Y ahí entra la frase que atraviesa generaciones: “con Franco se vivía mejor”. Frase que esconde hambre, represión, censura y desapariciones; pero que hoy funciona como consigna de campaña. Porque cuando una parte de la población siente que la democracia no resuelve sus problemas, el autoritarismo empieza a parecer un atajo.
Carme Molinero lo describe sin ambages. La dictadura se vendió a sí misma como artífice del crecimiento económico (que en realidad fue un fenómeno global). Se colgó medallas por la Seguridad Social, por la vivienda, por el desarrollismo tardío. Todo mientras la miseria y el atraso estructural devoraban más de medio régimen.
No se trata solo de manipulación histórica. Se trata de un ecosistema que fue diseñado para perdurar.
Los centros educativos no profundizan en el franquismo (lo certifican múltiples estudios). La derecha política evita la confrontación real con el legado del régimen. Y el revisionismo —de Pío Moa al negacionismo transversal del Parlamento— encontró avenida libre para colarse en el mainstream.
Porque el PP nunca quiso mirar a esa fosa común. Como recuerda Molinero, Alianza Popular nació defendiendo el franquismo.

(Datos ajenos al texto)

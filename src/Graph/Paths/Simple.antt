-- ===== src/Graph/Paths/Simple.antt =====
-- graph.py: the routes that the search follows are the paths without a repeated or a failed node.
use continuityos.Prelude.{
  String, str_eq, eq_iff, List, [], ◌∷◌, true, false, ◌≡◌, refl, sym, subst, arith, inl, inr,
  Bool-cases, if◌then◌else◌,
}
use continuityos.Graph.{DependencyEdge, among, has_duplicate}
use continuityos.Graph.Unvisited.{among-cons, not_among}
use continuityos.Graph.Paths.Stack.{HasEdge, Route, arrived, onward}

has_duplicate-cons :
    (x : String) (xs : List String)
    → has_duplicate (x ∷ xs) ≡ (if among x xs then true else has_duplicate xs)
unfolding has_duplicate
has_duplicate-cons x xs = refl

has_duplicate-nil : has_duplicate [] ≡ false
unfolding has_duplicate
has_duplicate-nil = refl

-- A later node is another one.
later_differs :
    (z y : String) (p : List String)
    → has_duplicate (y ∷ p) ≡ false
    → among z p ≡ true
    → str_eq z y ≡ false
later_differs z y p d m = elim (Bool-cases (str_eq z y)) [
  | inl e ↦
      let t = subst (λ w. among w p ≡ true) ((eq_iff z y).0 e) m in
      ground (arith, has_duplicate-cons y p)
  | inr e ↦ e
]

module _ {F : Type 0} (edges : List (DependencyEdge F)) (target : String)
    (failed : List String) where
  -- Edges lead from `x` through the nodes to the target.
  abbrev pub Joins : String → List String → Type 0
  Joins x [] = x ≡ target
  Joins x (y ∷ p) = HasEdge edges target failed edges x y × Joins y p

  -- A path from the source to the target, no node twice and none after the first failed.
  abbrev pub IsPath : String → List String → Type 0
  IsPath source [] = ⊥
  IsPath source (x ∷ p) =
      (source ≡ x)
      × Joins x p
      × (has_duplicate (x ∷ p) ≡ false)
      × ((y : String) → among y p ≡ true → among y failed ≡ false)

  Joins-among : (x : String) (p : List String) → Joins x p → among target (x ∷ p) ≡ true
  Joins-among x [] j = ground (arith, among-cons target x [], eq_iff target x)
  Joins-among x (y ∷ p) j = ground (arith, among-cons target x (y ∷ p), Joins-among y p j.1)

  record Clear (x : String) (seen r : List String) : Type 0 where
    rest : List String
    whole : x ∷ rest ≡ r
    joins : Joins x rest
    simple : has_duplicate (x ∷ rest) ≡ false
    avoids : (z : String) → among z rest ≡ true → (among z failed ≡ false) × (among z seen ≡ false)

  Clear-onward :
      {x y : String} {seen p : List String}
      → HasEdge edges target failed edges x y
      → among y seen ≡ false
      → among y failed ≡ false
      → among x seen ≡ true
      → Clear y (y ∷ seen) p
      → Clear x seen (x ∷ p)
  Clear-onward {x} {y} {seen} {p} g a b s c =
      let avoids : (z : String)
          → among z (y ∷ c.rest) ≡ true
          → (among z failed ≡ false) × (among z seen ≡ false) =
        λ z m. elim (Bool-cases (str_eq z y)) [
          | inl e ↦
              let same : y ≡ z = ground (arith, eq_iff z y) in
              (subst (λ w. among w failed ≡ false) same b, subst (λ w. among w seen ≡ false) same a)
          | inr e ↦
              let (f, n) = c.avoids z (ground (arith, among-cons z y c.rest)) in
              (f, ground (arith, among-cons z y seen))
        ] in
      record {
        rest = y ∷ c.rest;
        whole = λ i. x ∷ c.whole i;
        joins = (g, c.joins);
        simple = elim (Bool-cases (among x (y ∷ c.rest))) [
          | inl m ↦ absurd (let (_, n) = avoids x m in ground arith)
          | inr m ↦ ground (arith, has_duplicate-cons x (y ∷ c.rest), c.simple)
        ];
        avoids = avoids;
      }

  Route-Clear :
      {x : String} {seen r : List String}
      → among x seen ≡ true
      → Route edges target failed x seen r
      → Clear x seen r
  Route-Clear {x} s (arrived e) = record {
    rest = [];
    whole = refl;
    joins = e;
    simple = ground (arith, has_duplicate-cons x [], not_among x, has_duplicate-nil);
    avoids = λ z m. absurd (ground (arith, not_among z));
  }
  Route-Clear {seen} s (onward {y} n g a b r) =
      Clear-onward g a b s (Route-Clear (ground (arith, among-cons y y seen, eq_iff y y)) r)

  pub Route-IsPath :
      (x : String) (r : List String) → Route edges target failed x (x ∷ []) r → IsPath x r
  Route-IsPath x r route =
      let c = Route-Clear (ground (arith, among-cons x x [], eq_iff x x)) route in
      subst (IsPath x) c.whole (refl, c.joins, c.simple, λ y m. (c.avoids y m).0)

  Joins-Route :
      (x : String) (seen p : List String)
      → Joins x p
      → has_duplicate (x ∷ p) ≡ false
      → ((z : String) → among z p ≡ true → (among z failed ≡ false) × (among z seen ≡ false))
      → Route edges target failed x seen (x ∷ p)
  Joins-Route x seen [] j d av = arrived j
  Joins-Route x seen (y ∷ p) j d av =
      let end = Joins-among y p j.1 in
      let dx = has_duplicate-cons x (y ∷ p) in
      let dy = has_duplicate-cons y p in
      let (f, n) = av y (ground (arith, among-cons y y p, eq_iff y y)) in
      onward (λ e. let t = subst (λ w. among w (y ∷ p) ≡ true) (sym e) end in ground arith) j.0 n f
        (Joins-Route y (y ∷ seen) p j.1 (ground arith) (λ z m.
          let (f', n') = av z (ground (arith, among-cons z y p)) in
          let e = later_differs z y p (ground arith) m in
          (f', ground (arith, among-cons z y seen))))

  pub IsPath-Route :
      (x : String) (r : List String) → IsPath x r → Route edges target failed x (x ∷ []) r
  IsPath-Route x [] h = absurd h
  IsPath-Route x (y ∷ p) (e, j, d, av) =
      subst (λ w. Route edges target failed w (w ∷ []) (y ∷ p)) (sym e)
        (Joins-Route y (y ∷ []) p j d (λ z m.
          let e' = later_differs z y p d m in
          (av z m, ground (arith, among-cons z y [], not_among z))))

Y cuando la memoria se volvió asunto público, optó por la estrategia más eficaz: el silencio. “No reabrir heridas”. La forma amable de decir que España debe seguir conviviendo con los huesos bajo sus carreteras.

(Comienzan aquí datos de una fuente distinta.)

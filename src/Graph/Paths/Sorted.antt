-- ===== src/Graph/Paths/Sorted.antt =====
-- graph.py: the paths sorted by their length.
use continuityos.Prelude.{
  subst, ◌≤◌, String, List, [], ◌∷◌, true, false, leb, length, ◌≡◌, refl, ◌⊎◌, inl, inr, ◌↔◌, arith,
  Any, All, All-map, Bool-cases,
}
use continuityos.Graph.Paths.{insert_path, sort_paths}

abbrev pub IsAscending : List (List String) → Type 0
IsAscending [] = Unit
IsAscending (p ∷ ps) = All (λ q. length p ≤ length q) ps × IsAscending ps

insert_path-before :
    (p q : List String) (qs : List (List String))
    → leb (length p) (length q) ≡ true
    → p ∷ q ∷ qs ≡ insert_path p (q ∷ qs)
unfolding insert_path
insert_path-before p q qs h = rw h refl

insert_path-after :
    (p q : List String) (qs : List (List String))
    → leb (length p) (length q) ≡ false
    → q ∷ insert_path p qs ≡ insert_path p (q ∷ qs)
unfolding insert_path
insert_path-after p q qs h = rw h refl

insert_path-All :
    (P : List String → Type 0) (p : List String) (qs : List (List String))
    → P p
    → All P qs
    → All P (insert_path p qs)
unfolding insert_path
insert_path-All P p [] h k = (h, tt)
insert_path-All P p (q ∷ qs) h k = elim (Bool-cases (leb (length p) (length q))) [
  | inl b ↦ subst (All P) (insert_path-before p q qs b) (h, k)
  | inr b ↦ subst (All P) (insert_path-after p q qs b) (k.0, insert_path-All P p qs h k.1)
]

insert_path-IsAscending :
    (p : List String) (qs : List (List String)) → IsAscending qs → IsAscending (insert_path p qs)
unfolding insert_path
insert_path-IsAscending p [] a = (tt, tt)
insert_path-IsAscending p (q ∷ qs) a = elim (Bool-cases (leb (length p) (length q))) [
  | inl b ↦
      let le : length p ≤ length q = ground arith in
      subst IsAscending (insert_path-before p q qs b) ((le, All-map (λ r k. omega arith) qs a.0), a)
  | inr b ↦
      let le : length q ≤ length p = ground arith in
      subst IsAscending (insert_path-after p q qs b)
        (insert_path-All (λ r. length q ≤ length r) p qs le a.0, insert_path-IsAscending p qs a.1)
]

pub sort_paths-IsAscending : (ps : List (List String)) → IsAscending (sort_paths ps)
unfolding sort_paths
sort_paths-IsAscending [] = tt
sort_paths-IsAscending (p ∷ ps) =
    insert_path-IsAscending p (sort_paths ps) (sort_paths-IsAscending ps)

insert_path-Any :
    (P : List String → Type 0) (p : List String) (qs : List (List String))
    → Any P (insert_path p qs) ↔ (P p ⊎ Any P qs)
unfolding insert_path
insert_path-Any P p [] = (λ h. h, λ h. h)
insert_path-Any P p (q ∷ qs) = elim (Bool-cases (leb (length p) (length q))) [
  | inl b ↦
      subst (λ l. Any P l ↔ (P p ⊎ Any P (q ∷ qs))) (insert_path-before p q qs b) (λ h. h, λ h. h)
  | inr b ↦
      let (f, g) = insert_path-Any P p qs in
      subst (λ l. Any P l ↔ (P p ⊎ Any P (q ∷ qs))) (insert_path-after p q qs b)
        (λ h. ground (arith, f), λ h. ground (arith, g))
]

-- Sorting keeps the members.
pub sort_paths-Any :
    (P : List String → Type 0) (ps : List (List String)) → Any P (sort_paths ps) ↔ Any P ps
unfolding sort_paths
sort_paths-Any P [] = (λ h. h, λ h. h)
sort_paths-Any P (p ∷ ps) =
    let (f, g) = insert_path-Any P p (sort_paths ps) in
    let (f', g') = sort_paths-Any P ps in (λ h. ground (arith, f, f'), λ h. ground (arith, g, g'))
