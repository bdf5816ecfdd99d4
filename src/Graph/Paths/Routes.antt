-- ===== src/Graph/Paths/Routes.antt =====
-- What the loop of `find_alternative_paths` makes of an entry of its stack and of what its edges push.
use continuityos.Prelude.{
  ℕ, ◌+◌, String, eq_iff, List, [], ◌∷◌, ◌++◌, true, false, ◌≡◌, ◌≢◌, refl, sym, ap, subst, ◌∙◌,
  arith, map, Any, Any-append, inl, inr,
}
use mathlib.Core.List.{append_assoc, append-nil}
use continuityos.Graph.{DependencyEdge, among}
use continuityos.Graph.Paths.{push_edges, walk_stack}
use continuityos.Graph.Paths.Stack.{
  entry, HasEdge, Route, onward, Adds, is_taken, push-taken, push-left, push-none, map-append,
  map-prefix,
}

-- The lists that start with `x` among those that all do.
unprefix :
    {A : Type 0} (x : A) (r : List A) (rs : List (List A))
    → Any (λ q. r ≡ q) (map (λ q. x ∷ q) rs)
    → (p : List A) × (r ≡ x ∷ p) × Any (λ q. p ≡ q) rs
unprefix x r [] h = absurd h
unprefix x r (q ∷ rs) (inl e) = (q, e, inl refl)
unprefix x r (q ∷ rs) (inr h) = let (p, e, m) = unprefix x r rs h in (p, e, inr m)

prefix :
    {A : Type 0} (x : A) (p : List A) (rs : List (List A))
    → Any (λ q. p ≡ q) rs
    → Any (λ q. x ∷ p ≡ q) (map (λ q. x ∷ q) rs)
prefix x p [] h = absurd h
prefix x p (q ∷ rs) (inl e) = inl (ap (λ l. x ∷ l) e)
prefix x p (q ∷ rs) (inr h) = inr (prefix x p rs h)

joined :
    {A : Type 0} (pre : List A) (paths rs : List (List A)) (x : A) (cs : List (List A))
    → (paths ++ map (λ r. pre ++ r) rs) ++ map (λ r. (pre ++ x ∷ []) ++ r) cs
      ≡ paths ++ map (λ r. pre ++ r) (rs ++ map (λ r. x ∷ r) cs)
joined pre paths rs x cs =
    rw (map-prefix pre x cs, map-append (λ r. pre ++ r) rs (map (λ r. x ∷ r) cs))
      (append_assoc paths _ _)

module _ {F : Type 0} (edges : List (DependencyEdge F)) (target : String)
    (failed : List String) where
  -- What the loop makes of an entry at `current`.
  pub record Explored (current : String) (seen : List String) : Type 0 where
    pub rounds : ℕ
    pub routes : List (List String)
    pub adds : Adds edges target failed (λ pre stack. entry pre current seen ∷ stack) rounds routes
    pub sound :
        (r : List String) → Any (λ q. r ≡ q) routes → Route edges target failed current seen r
    pub complete :
        (r : List String) → Route edges target failed current seen r → Any (λ q. r ≡ q) routes

  -- What the loop makes of the entries that an entry's edges push.
  pub record Pushed (es : List (DependencyEdge F)) (current : String) (seen : List String)
      : Type 0 where
    pub rounds : ℕ
    pub routes : List (List String)
    pub adds :
        Adds edges target failed
          (λ pre stack. push_edges failed (entry pre current seen) es stack)
          rounds
          routes
    pub sound :
        (r : List String) → Any (λ q. r ≡ q) routes → Route edges target failed current seen r
    pub complete :
        (y : String) (p : List String)
        → HasEdge edges target failed es current y
        → among y seen ≡ false
        → among y failed ≡ false
        → Route edges target failed y (y ∷ seen) p
        → Any (λ q. current ∷ p ≡ q) routes

  pub Pushed-none : (current : String) (seen : List String) → Pushed [] current seen
  Pushed-none current seen = record {
    rounds = 0;
    routes = [];
    adds = λ pre stack paths m n e.
        rw (push-none edges target failed (entry pre current seen) stack, append-nil paths)
          (ap (λ k. walk_stack edges target failed k stack paths) (omega arith));
    sound = λ r h. absurd h;
    complete = λ y p h a b r. absurd h;
  }

  pub Pushed-left :
      (e : DependencyEdge F) (es : List (DependencyEdge F)) (current : String) (seen : List String)
      → is_taken edges target failed current seen e ≡ false
      → Pushed es current seen
      → Pushed (e ∷ es) current seen
  Pushed-left e es current seen h rest = record {
    rounds = rest.rounds;
    routes = rest.routes;
    adds = λ pre stack paths m n k.
        ap (λ s. walk_stack edges target failed n s paths)
          (push-left edges target failed (entry pre current seen) e es stack h)
        ∙ rest.adds pre stack paths m n k;
    sound = rest.sound;
    complete = λ y p g a b r. elim g [
      | inl (s, t) ↦ absurd (
          ground (
            arith,
            eq_iff e.source current,
            subst (λ z. among z seen ≡ false) (sym t) a,
            subst (λ z. among z failed ≡ false) (sym t) b,
          ))
      | inr g' ↦ rest.complete y p g' a b r
    ];
  }

  pub Pushed-taken :
      (e : DependencyEdge F) (es : List (DependencyEdge F)) (current : String) (seen : List String)
      → is_taken edges target failed current seen e ≡ true
      → current ≢ target
      → HasEdge edges target failed edges current e.target
      → Explored e.target (e.target ∷ seen)
      → Pushed es current seen
      → Pushed (e ∷ es) current seen
  Pushed-taken e es current seen h c g child rest = record {
    rounds = rest.rounds + child.rounds;
    routes = rest.routes ++ map (λ r. current ∷ r) child.routes;
    adds = λ pre stack paths m n k.
        ap (λ s. walk_stack edges target failed n s paths)
          (push-taken edges target failed (entry pre current seen) e es stack h)
        ∙ rest.adds pre (entry (pre ++ current ∷ []) e.target (e.target ∷ seen) ∷ stack) paths
            (child.rounds + m) n (omega arith)
        ∙ child.adds (pre ++ current ∷ []) stack (paths ++ map (λ r. pre ++ r) rest.routes) m
            (child.rounds + m) refl
        ∙ ap (walk_stack edges target failed m stack)
            (joined pre paths rest.routes current child.routes);
    sound = λ r m. elim ((Any-append _ rest.routes _).0 m) [
      | inl a ↦ rest.sound r a
      | inr b ↦
          let (p, e', b') = unprefix current r child.routes b in
          subst (Route edges target failed current seen) (sym e')
            (onward c g (ground arith) (ground arith) (child.sound p b'))
    ];
    complete = λ y p g' a b r. (Any-append _ rest.routes _).1 (elim g' [
      | inl (_, t) ↦ inr (
          prefix current p child.routes
            (child.complete p (subst (λ z. Route edges target failed z (z ∷ seen) p) (sym t) r)))
      | inr g'' ↦ inl (rest.complete y p g'' a b r)
    ]);
  }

Hoy, medio siglo después, las y los jueces que aplican leyes de memoria conviven con diputados que niegan el golpe del 36. Con tertulianos que citan el desarrollismo como si no hubiera cárceles. Con miles de familias que todavía buscan a sus muertos, mientras una parte del país aplaude a quien los asesinó.

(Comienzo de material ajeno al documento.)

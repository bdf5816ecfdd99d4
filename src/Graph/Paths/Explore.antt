-- ===== src/Graph/Paths/Explore.antt =====
-- The loop of `find_alternative_paths` finds the routes from an entry of its stack, and ends.
use continuityos.Prelude.{
  ℕ, zero, suc, ◌+◌, ◌≤◌, String, str_eq, eq_iff, List, [], ◌∷◌, true, false, ◌≡◌, ◌≢◌, refl, sym,
  ap, subst, ◌∙◌, arith, map, Any, inl, inr, Bool-cases,
}
use continuityos.Graph.{DependencyEdge, among}
use continuityos.Graph.Unvisited.{among-cons, unvisited, unvisited-fewer}
use continuityos.Graph.Paths.{walk_stack}
use continuityos.Graph.Paths.Stack.{
  entry, HasEdge, Route, arrived, onward, walk-arrived, walk-onward, is_taken,
}
use continuityos.Graph.Paths.Routes.{Explored, Pushed, Pushed-none, Pushed-left, Pushed-taken}

module _ {F : Type 0} (edges : List (DependencyEdge F)) (target : String)
    (failed : List String) where
  push_all :
      (current : String) (seen : List String)
      → current ≢ target
      → ((y : String)
          → HasEdge edges target failed edges current y
          → among y seen ≡ false
          → Explored edges target failed y (y ∷ seen))
      → (es : List (DependencyEdge F))
      → ((y : String)
          → HasEdge edges target failed es current y
          → HasEdge edges target failed edges current y)
      → Pushed edges target failed es current seen
  push_all current seen c child [] sub = Pushed-none edges target failed current seen
  push_all current seen c child (e ∷ es) sub =
      let rest = push_all current seen c child es (λ y g. sub y (inr g)) in
      elim (Bool-cases (is_taken edges target failed current seen e)) [
        | inr h ↦ Pushed-left edges target failed e es current seen h rest
        | inl h ↦
            let g = sub e.target (inl (ground (arith, eq_iff e.source current), refl)) in
            Pushed-taken edges target failed e es current seen h c g
              (child e.target g (ground arith)) rest
      ]

  only :
      {x : String} {seen r : List String}
      → x ≡ target
      → Route edges target failed x seen r
      → Any (λ q. r ≡ q) ((x ∷ []) ∷ [])
  only c (arrived e) = inl refl
  only c (onward n g a b r) = absurd (n c)

  passes :
      {x : String} {seen r : List String}
      → x ≢ target
      → (pushed : Pushed edges target failed edges x seen) → Route edges target failed x seen r
      → Any (λ q. r ≡ q) pushed.routes
  passes c pushed (arrived e) = absurd (c e)
  passes c pushed (onward {y} {p} n g a b r) = pushed.complete y p g a b r

  explore_target :
      (current : String) (seen : List String)
      → current ≡ target
      → Explored edges target failed current seen
  explore_target current seen c = record {
    rounds = 1;
    routes = (current ∷ []) ∷ [];
    adds = λ pre stack paths m n k.
        ap (λ j. walk_stack edges target failed j (entry pre current seen ∷ stack) paths)
          (omega arith)
        ∙ walk-arrived edges target failed (entry pre current seen) m stack paths c;
    sound = λ r m. elim m [
      | inl e ↦ subst (Route edges target failed current seen) (sym e) (arrived c)
      | inr m' ↦ absurd m'
    ];
    complete = λ r route. only c route;
  }

  explore_onward :
      (current : String) (seen : List String)
      → str_eq current target ≡ false
      → Pushed edges target failed edges current seen
      → Explored edges target failed current seen
  explore_onward current seen c pushed = record {
    rounds = suc pushed.rounds;
    routes = pushed.routes;
    adds = λ pre stack paths m n k.
        ap (λ j. walk_stack edges target failed j (entry pre current seen ∷ stack) paths)
          (omega arith)
        ∙ walk-onward edges target failed (entry pre current seen) (pushed.rounds + m) stack paths c
        ∙ pushed.adds pre stack paths m (pushed.rounds + m) refl;
    sound = pushed.sound;
    complete = λ r route. passes (λ e. ground (arith, eq_iff current target)) pushed route;
  }

  HasEdge-among :
      (es : List (DependencyEdge F)) (x y : String)
      → HasEdge edges target failed es x y
      → among y (map (λ e. e.target) es) ≡ true
  HasEdge-among [] x y h = absurd h
  HasEdge-among (e ∷ es) x y (inl (_, t)) =
      ground (arith, among-cons y e.target (map (λ e. e.target) es), eq_iff y e.target)
  HasEdge-among (e ∷ es) x y (inr h) =
      ground (arith, among-cons y e.target (map (λ e. e.target) es), HasEdge-among es x y h)

  -- An entry is explored within a number of rounds that does not depend on the rest of the stack.
  pub explore :
      (depth : ℕ) (current : String) (seen : List String)
      → suc (unvisited (map (λ e. e.target) edges) seen) ≤ depth
      → Explored edges target failed current seen
  explore zero current seen b = absurd (omega arith)
  explore (suc depth) current seen b = elim (Bool-cases (str_eq current target)) [
    | inl c ↦ explore_target current seen (ground (arith, eq_iff current target))
    | inr c ↦ explore_onward current seen c (
        push_all current seen (λ e. ground (arith, eq_iff current target))
          (λ y g a.
            let less =
              unvisited-fewer (map (λ e. e.target) edges) y seen (HasEdge-among edges current y g)
                a in
            explore depth y (y ∷ seen) (omega arith))
          edges (λ y g. g))
  ]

Cada 20N las imágenes se repiten. Brazos en alto. Camisas azules. Cánticos. Sonidos del pasado que nunca debieron sobrevivir a la Transición, pero que hoy vuelven cómodamente instalados en el prime time de la política española.
Medio siglo sin Franco. Y un país donde nunca terminó de irse.
España no está discutiendo el pasado. Está discutiendo su propio presente. Y lo está perdiendo.